Hello and welcome to Modern CEO! I’m Stephanie Mehta, CEO and chief content officer of Mansueto Ventures. Each week this newsletter explores inclusive approaches to leadership drawn from conversations with executives and entrepreneurs, and from the pages of Inc. and Fast Company. If you received this newsletter from a friend, you can sign up to get it yourself every Monday morning.
In recent weeks, I’ve been recommending and forwarding to friends and associates three smart stories that crossed my desk. Each ostensibly offers insightful or timely snapshots of modern American business. But upon deeper reflection, these very different pieces also shine a light on the state of middle-class U.S. workers and consumers, whose struggles may only intensify.
Together, these stories—along with a number of economic indicators like stubborn inflation and slipping consumer sentiment—offer CEOs and business leaders a warning about the risks of capitalism that works for the few and not the many.
Mind the gap
Daniel Currell’s guest essay in The New York Times shows how Walt Disney World Resort has evolved from an accessible “all-American vacation” to a luxury experience targeting high-net-worth households. Wealthy visitors can pay for premium passes that let them bypass lines; one tech executive quoted in the article experienced 16 attractions in seven hours. Meanwhile, Scarlett Cressel, a bus driver who could not afford to pay for special ride reservations and other perks, managed nine attractions over 14 hours. Adding to her frustration, a mobility scooter she rented to help her navigate the park broke down. It’s a powerful metaphor for the middle class quite literally being left behind.
Disney is hardly alone in pursuing rich customers. Currell, a management consultant, says he’s worked with “dozens” of companies that are abandoning the mass market. “Many of our biggest private institutions are now focused on selling the privileged a markedly better experience, leaving everyone else to either give up—or fight to keep up,” he writes.
Roger Lowenstein’s Wall Street Journal essay, “How—and Why—U.S. Capitalism Is Unlike Any Other,” helps us understand how we got here. The work is a sweeping review of the forces that shaped an economic system (bolstered by legislation that protects the sanctity of contracts and created public schools to educate workers) that focused on opportunity, individualism, and risk-taking. Those values led to the innovation and entrepreneurship that have long made America the envy of the world. And yet: “Inequality 2.0 is alive and well,” he writes. “American capitalism remains fiercely competitive, remarkably productive, resilient in the face of a thousand doomsayers—and the author of a persistent wealth gap.”
Also in the Journal, Theo Francis offers an unsettling assessment of the disconnect between markets and the health of the middle class.
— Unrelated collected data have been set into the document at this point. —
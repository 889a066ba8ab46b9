-- ===== src/Watcher/Monitor/Invariant/Steps.antt =====
-- What holds of the two threads of `FileWatcher` holds in every state that they reach.
use secure_storage.Base.{refl}
use secure_storage.Os.{Os}
use secure_storage.Inotify.{Inotify}
use secure_storage.Watcher.Maps.Named.{add_watch-IsNamed, remove_watch-IsNamed}
use secure_storage.Watcher.Monitor.{
  at_test, System, Step, Reach, u_start, u_add, u_remove, u_stop_again, u_stop_alone, u_stop_wait,
  u_joined, m_test, m_poll, m_events_done, m_event, m_handle, begun, later,
}
use secure_storage.Watcher.Monitor.Frames.{add_watch-Frame, remove_watch-Frame}
use secure_storage.Watcher.Monitor.Invariant.{Inv, begun-Inv, Inv-Frame, move-Inv}
use secure_storage.Watcher.Monitor.Invariant.Methods.{
  start-Inv, stop_end-Inv, stop_wait-Inv, stop_alone-Inv,
}
use secure_storage.Watcher.Monitor.Invariant.Thread.{after_poll-Inv, test-Inv, look-Inv, handle-Inv}

module _ (os : Os) (ino : Inotify os.World) where
  Step-Inv :
      {s t : System os ino}
      → Step os ino s t
      → Inv s.fw s.monitor s.user
      → Inv t.fw t.monitor t.user
  Step-Inv {s} (u_start w b fw' w' u h) i =
      rw u (start-Inv os ino s.fw fw' w w' b s.monitor (rw u at i) h)
  Step-Inv {s} (u_add path w u) i =
      Inv-Frame s.fw _ s.monitor s.user (add_watch-Frame os ino path s.fw w)
        (add_watch-IsNamed os ino path s.fw w i.named) i
  Step-Inv {s} (u_remove path w u) i =
      Inv-Frame s.fw _ s.monitor s.user (remove_watch-Frame os ino path s.fw w)
        (remove_watch-IsNamed os ino path s.fw w i.named) i
  Step-Inv (u_stop_again w u h) i = i
  Step-Inv {s} (u_stop_alone w u h j) i = stop_alone-Inv os ino s.fw w s.monitor s.user u j i
  Step-Inv {s} (u_stop_wait w u h j) i = stop_wait-Inv os ino s.fw w s.monitor (rw u at i) j h
  Step-Inv {s} (u_joined w u e) i = stop_end-Inv os ino s.fw w i.named (i.waiting u).0
  Step-Inv {s} (m_test e) i = test-Inv os ino s.fw s.monitor s.user e i
  Step-Inv {s} (m_poll poll reading e) i = after_poll-Inv ino s.fw s.user (rw e at i) poll reading
  Step-Inv {s} (m_events_done e) i =
      move-Inv s.fw s.monitor at_test s.user (rw e refl) refl refl (λ a. rw e refl) i
  Step-Inv {s} (m_event ev evs e) i = look-Inv os ino ev evs s.fw s.monitor s.user e i
  Step-Inv {s} (m_handle ev wd path evs watched fw' e h) i =
      handle-Inv os ino ev wd path evs watched s.fw fw' s.monitor s.user e h i

  -- What holds in every reachable state.
  pub Reach-Inv : {w : os.World} {s : System os ino} → Reach os ino w s → Inv s.fw s.monitor s.user
  Reach-Inv begun = begun-Inv
  Reach-Inv (later r st) = Step-Inv st (Reach-Inv r)
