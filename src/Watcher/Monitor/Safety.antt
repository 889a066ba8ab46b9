-- ===== src/Watcher/Monitor/Safety.antt =====
-- Safety of the two threads of `FileWatcher`.
use secure_storage.Base.{◌≡◌, ◌≢◌, refl, sym, ◌∙◌, true, none}
use secure_storage.Os.{Os}
use secure_storage.Inotify.{Inotify}
use secure_storage.Watcher.Monitor.{
  Monitor, absent, ended, free, System, Step, Reach, u_start, u_add, u_remove, u_stop_again,
  u_stop_alone, u_stop_wait, u_joined, m_test, m_poll, m_events_done, m_event, m_handle,
}
use secure_storage.Watcher.Monitor.Frames.{Closed, start-none-cases}
use secure_storage.Watcher.{start}
use secure_storage.Watcher.Monitor.Invariant.{is_active, is_present, absent-thread}
use secure_storage.Watcher.Monitor.Invariant.Steps.{Reach-Inv}

module _ (os : Os) (ino : Inotify os.World) where
  reports-same :
      {s t : System os ino} → Step os ino s t → s.monitor ≡ absent → t.reports ≡ s.reports
  reports-same (m_handle ev wd path evs watched fw' e h) a = absurd (cc (e, a))
  reports-same (m_event ev evs e) a = refl
  reports-same (u_start w b fw' w' u h) a = refl
  reports-same (u_add path w u) a = refl
  reports-same (u_remove path w u) a = refl
  reports-same (u_stop_again w u h) a = refl
  reports-same (u_stop_alone w u h j) a = refl
  reports-same (u_stop_wait w u h j) a = refl
  reports-same (u_joined w u e) a = refl
  reports-same (m_test e) a = refl
  reports-same (m_poll poll reading e) a = refl
  reports-same (m_events_done e) a = refl

module _ (os : Os) (ino : Inotify os.World) {w : os.World} {s : System os ino}
    (r : Reach os ino w s) where
  -- In every state that can be reached, once `stop` has completed, the object has no descriptor, no
  -- thread to join and does not run, no thread is left, and no step hands an event to the callback.
  pub stopped-Closed :
      s.fw.stopped_by_user ≡ true
      → Closed s.fw
        × (s.monitor ≡ absent)
        × ((t : System os ino) → Step os ino s t → t.reports ≡ s.reports)
  stopped-Closed h =
      let i = Reach-Inv os ino r in
      let (c, _) = i.closed h in
      let gone = absent-thread s.monitor (sym i.thread ∙ c.joinable) in
      (c, gone, λ t st. reports-same os ino st gone)

  -- What is there and does not work any more has ended.
  ended-only : (m : Monitor) → is_present m ≡ true → is_active m ≢ true → m ≡ ended
  ended-only ended here off = refl
  ended-only absent here off = absurd (cc)
  ended-only m here off = absurd (off refl)

  -- In every state that can be reached, while the application is in none of the methods, `start`
  -- ends the program only if the thread has ended by itself and was not joined.
  pub start-none : (v : os.World) → s.user ≡ free → start os ino s.fw v ≡ none → s.monitor ≡ ended
  start-none v free_user h =
      let i = Reach-Inv os ino r in
      let (there, off) = start-none-cases os ino s.fw v h in
      ended-only s.monitor (sym i.thread ∙ there) (λ on. cc (off, i.running on free_user))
He explains how the recent strong earnings season—buoyed by job cuts and higher prices—may actually be hurting consumers, on whom the U.S. economy relies to keep spending. “The gains enjoyed by companies and their investors aren’t softening the unease consumers and employees feel—and might be obscuring signals that ordinary Americans are putting their anxiety into action,” Francis writes.
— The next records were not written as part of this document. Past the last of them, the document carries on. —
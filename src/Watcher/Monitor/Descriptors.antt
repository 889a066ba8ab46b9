-- ===== src/Watcher/Monitor/Descriptors.antt =====
-- The descriptors of `FileWatcher` while its thread uses them.
use secure_storage.Base.{
  Bool, ℕ, ◌≡◌, ◌≢◌, ap, subst, inl, inr, true, none, some, arith, Option-cases,
}
use secure_storage.Base.Text.{Str}
use secure_storage.Os.{Os}
use secure_storage.Inotify.{Inotify}
use secure_storage.Watcher.{
  Watcher, start, signal_stop, stop_begin, add_watch, remove_watch, watch_path, unwatch_path, wd_of,
}
use secure_storage.Watcher.Maps.{add_watch-cases, remove_watch-cases}
use secure_storage.Watcher.Monitor.{
  Monitor, System, Step, Reach, u_start, u_add, u_remove, u_stop_again, u_stop_alone, u_stop_wait,
  u_joined, m_test, m_poll, m_events_done, m_event, m_handle,
}
use secure_storage.Watcher.Monitor.Invariant.{Inv, is_active, is_present}
use secure_storage.Watcher.Monitor.Invariant.Steps.{Reach-Inv}

module _ (os : Os) (ino : Inotify os.World) (IsOpen : os.World → ℕ → Type 0) where
  -- Writing to a descriptor, and adding or removing a watch, close no descriptor.
  pub record KeepsOpen : Type 0 where
    pub signal_keeps : (w : os.World) (fd q : ℕ) → IsOpen w q → IsOpen (ino.signal w fd) q
    pub add_keeps :
        (w : os.World) (fd : ℕ) (path : Str) (mask q : ℕ)
        → IsOpen w q
        → IsOpen (ino.add_watch w fd path mask).1 q
    pub rm_keeps : (w : os.World) (fd wd q : ℕ) → IsOpen w q → IsOpen (ino.rm_watch w fd wd) q

  module _ (K : KeepsOpen) (q : ℕ) where
    watch_path-keeps :
        (fd : ℕ) (path : Str) (fw : Watcher) (w : os.World)
        → IsOpen w q
        → IsOpen (watch_path os ino fd path fw w).2 q
    unfolding watch_path
    watch_path-keeps fd path fw w o = elim (Option-cases (wd_of path fw.path_to_wd)) [
      | inr (wd, e) ↦ rw (e, watch_path) o
      | inl e ↦ elim (Option-cases (ino.add_watch w fd path ino.watched_mask).0) [
        | inl f ↦ rw (e, f, watch_path) (K.add_keeps w fd path ino.watched_mask q o)
        | inr (wd, f) ↦ rw (e, f, watch_path) (K.add_keeps w fd path ino.watched_mask q o)
      ]
    ]

    unwatch_path-keeps :
        (fd : ℕ) (path : Str) (fw : Watcher) (w : os.World)
        → IsOpen w q
        → IsOpen (unwatch_path os ino fd path fw w).2 q
    unfolding unwatch_path
    unwatch_path-keeps fd path fw w o = elim (Option-cases (wd_of path fw.path_to_wd)) [
      | inl e ↦ rw (e, unwatch_path) o
      | inr (wd, e) ↦ rw (e, unwatch_path) (K.rm_keeps w fd wd q o)
    ]

    add_watch-keeps :
        (path : Str) (fw : Watcher) (w : os.World)
        → IsOpen w q
        → IsOpen (add_watch os ino path fw w).2 q
    add_watch-keeps path fw w o = elim (add_watch-cases os ino path fw w) [
      | inl e ↦ rw e o
      | inr (fd, _, _, e) ↦ rw e (watch_path-keeps fd path fw w o)
    ]

    remove_watch-keeps :
        (path : Str) (fw : Watcher) (w : os.World)
        → IsOpen w q
        → IsOpen (remove_watch os ino path fw w).2 q
    remove_watch-keeps path fw w o = elim (remove_watch-cases os ino path fw w) [
      | inl e ↦ rw e o
      | inr (fd, _, e) ↦ rw e (unwatch_path-keeps fd path fw w o)
    ]

    signal_stop-keeps :
        (fw : Watcher) (w : os.World) → IsOpen w q → IsOpen (signal_stop os ino fw w) q
    unfolding signal_stop
    signal_stop-keeps fw w o = elim (Option-cases fw.pipe_write) [
      | inl e ↦ rw (e, signal_stop) o
      | inr (fd, e) ↦ rw (e, signal_stop) (K.signal_keeps w fd q o)
    ]

    stop_begin-keeps :
        (fw : Watcher) (w : os.World) → IsOpen w q → IsOpen (stop_begin os ino fw w).2 q
    unfolding stop_begin
    stop_begin-keeps fw w o = ground (arith, o, signal_stop-keeps fw w o)

module _ (os : Os) (ino : Inotify os.World) where
  -- A `start` of an object that runs, or that was stopped, makes no call.
  start-same :
      (fw fw' : Watcher) (w w' : os.World) (b : Bool)
      → fw.is_running ≡ true
      → start os ino fw w ≡ some (b, fw', w')
      → w ≡ w'
  unfolding start
  start-same fw fw' w w' b on h = ground arith

  -- The world in which a step makes its calls.
  abbrev pub before : {s t : System os ino} → Step os ino s t → os.World
  before (u_start w b fw' w' u h) = w
  before (u_add path w u) = w
  before (u_remove path w u) = w
  before {s = s} (u_stop_again w u h) = s.world
  before (u_stop_alone w u h j) = w
  before (u_stop_wait w u h j) = w
  before (u_joined w u e) = w
  before {s = s} (m_test e) = s.world
  before {s = s} (m_poll poll reading e) = s.world
  before {s = s} (m_events_done e) = s.world
  before {s = s} (m_event ev evs e) = s.world
  before {s = s} (m_handle ev wd path evs watched fw' e h) = s.world

  active-present : (m : Monitor) → is_active m ≡ true → is_present m ≡ true
  active-present m h = ground arith

  Step-keeps :
      (IsOpen : os.World → ℕ → Type 0) (q : ℕ) {s t : System os ino}
      → KeepsOpen os ino IsOpen
      → Inv s.fw s.monitor s.user
      → is_active s.monitor ≡ true
      → (st : Step os ino s t) → IsOpen (before st) q
      → IsOpen t.world q
  Step-keeps IsOpen q {s = s} K i a (u_start w b fw' w' u h) o =
      subst (λ v. IsOpen v q) (start-same s.fw fw' w w' b (i.running a u) h) o
  Step-keeps IsOpen q {s = s} K i a (u_add path w u) o =
      add_watch-keeps os ino IsOpen K q path s.fw w o
  Step-keeps IsOpen q {s = s} K i a (u_remove path w u) o =
      remove_watch-keeps os ino IsOpen K q path s.fw w o
  Step-keeps IsOpen q K i a (u_stop_again w u h) o = o
  Step-keeps IsOpen q {s = s} K i a (u_stop_alone w u h j) o =
      absurd (cc (j, i.thread, active-present s.monitor a))
  Step-keeps IsOpen q {s = s} K i a (u_stop_wait w u h j) o =
      stop_begin-keeps os ino IsOpen K q s.fw w o
  Step-keeps IsOpen q K i a (u_joined w u e) o = absurd (cc (a, ap is_active e))
  Step-keeps IsOpen q K i a (m_test e) o = o
  Step-keeps IsOpen q K i a (m_poll poll reading e) o = o
  Step-keeps IsOpen q K i a (m_events_done e) o = o
  Step-keeps IsOpen q K i a (m_event ev evs e) o = o
  Step-keeps IsOpen q K i a (m_handle ev wd path evs watched fw' e h) o = o

  -- For any account of which descriptors are open in a world, by which writing to a descriptor, and
  -- adding or removing a watch, close none: in every state that the application and the thread can
  -- reach together, while the thread is in its loop, the object has the descriptor of inotify and
  -- both ends of the pipe, and no step of either, `stop` up to its wait among them, closes a
  -- descriptor that was open as the step made its calls.
  pub monitor-Open :
      {w : os.World} {s : System os ino} (IsOpen : os.World → ℕ → Type 0)
      → KeepsOpen os ino IsOpen
      → Reach os ino w s
      → is_active s.monitor ≡ true
      → (s.fw.inotify_fd ≢ none)
        × (s.fw.pipe_read ≢ none)
        × (s.fw.pipe_write ≢ none)
        × ((t : System os ino) (st : Step os ino s t) (q : ℕ)
            → IsOpen (before st) q
            → IsOpen t.world q)
  monitor-Open IsOpen K r a =
      let i = Reach-Inv os ino r in
      let (fd, read_end, write_end) = i.open_fds a in
      (fd, read_end, write_end, λ t st q. Step-keeps IsOpen q K i a st)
And anxiety is likely to only increase with the deployment of generative artificial intelligence (gen AI) solutions that are already replacing entry-level work.
Corporate support for the middle class
However, companies have an opportunity to strengthen rather than hollow out the middle class. They can invest in workforce development to train employees for jobs of the future and, like a previous generation of capitalists, champion policies that support this cohort and help them increase their spending power. Lowenstein’s article reminds us that the abolition of debtors’ prisons and the creation of forgiving bankruptcy laws essentially helped codify opportunity for Americans.
If companies don’t move to address inequality by supporting compassionate and commonsense policies that can uplift Americans, they may find themselves dealing with more extreme correctives. Lowenstein writes that the response to the robber barons of the Gilded Age was “antitrust prosecutions, reformist legislation, the Great War, and the Great Depression.” He quips: “Cures for inequality are sometimes worse than the affliction.”
Is your company addressing income disparities?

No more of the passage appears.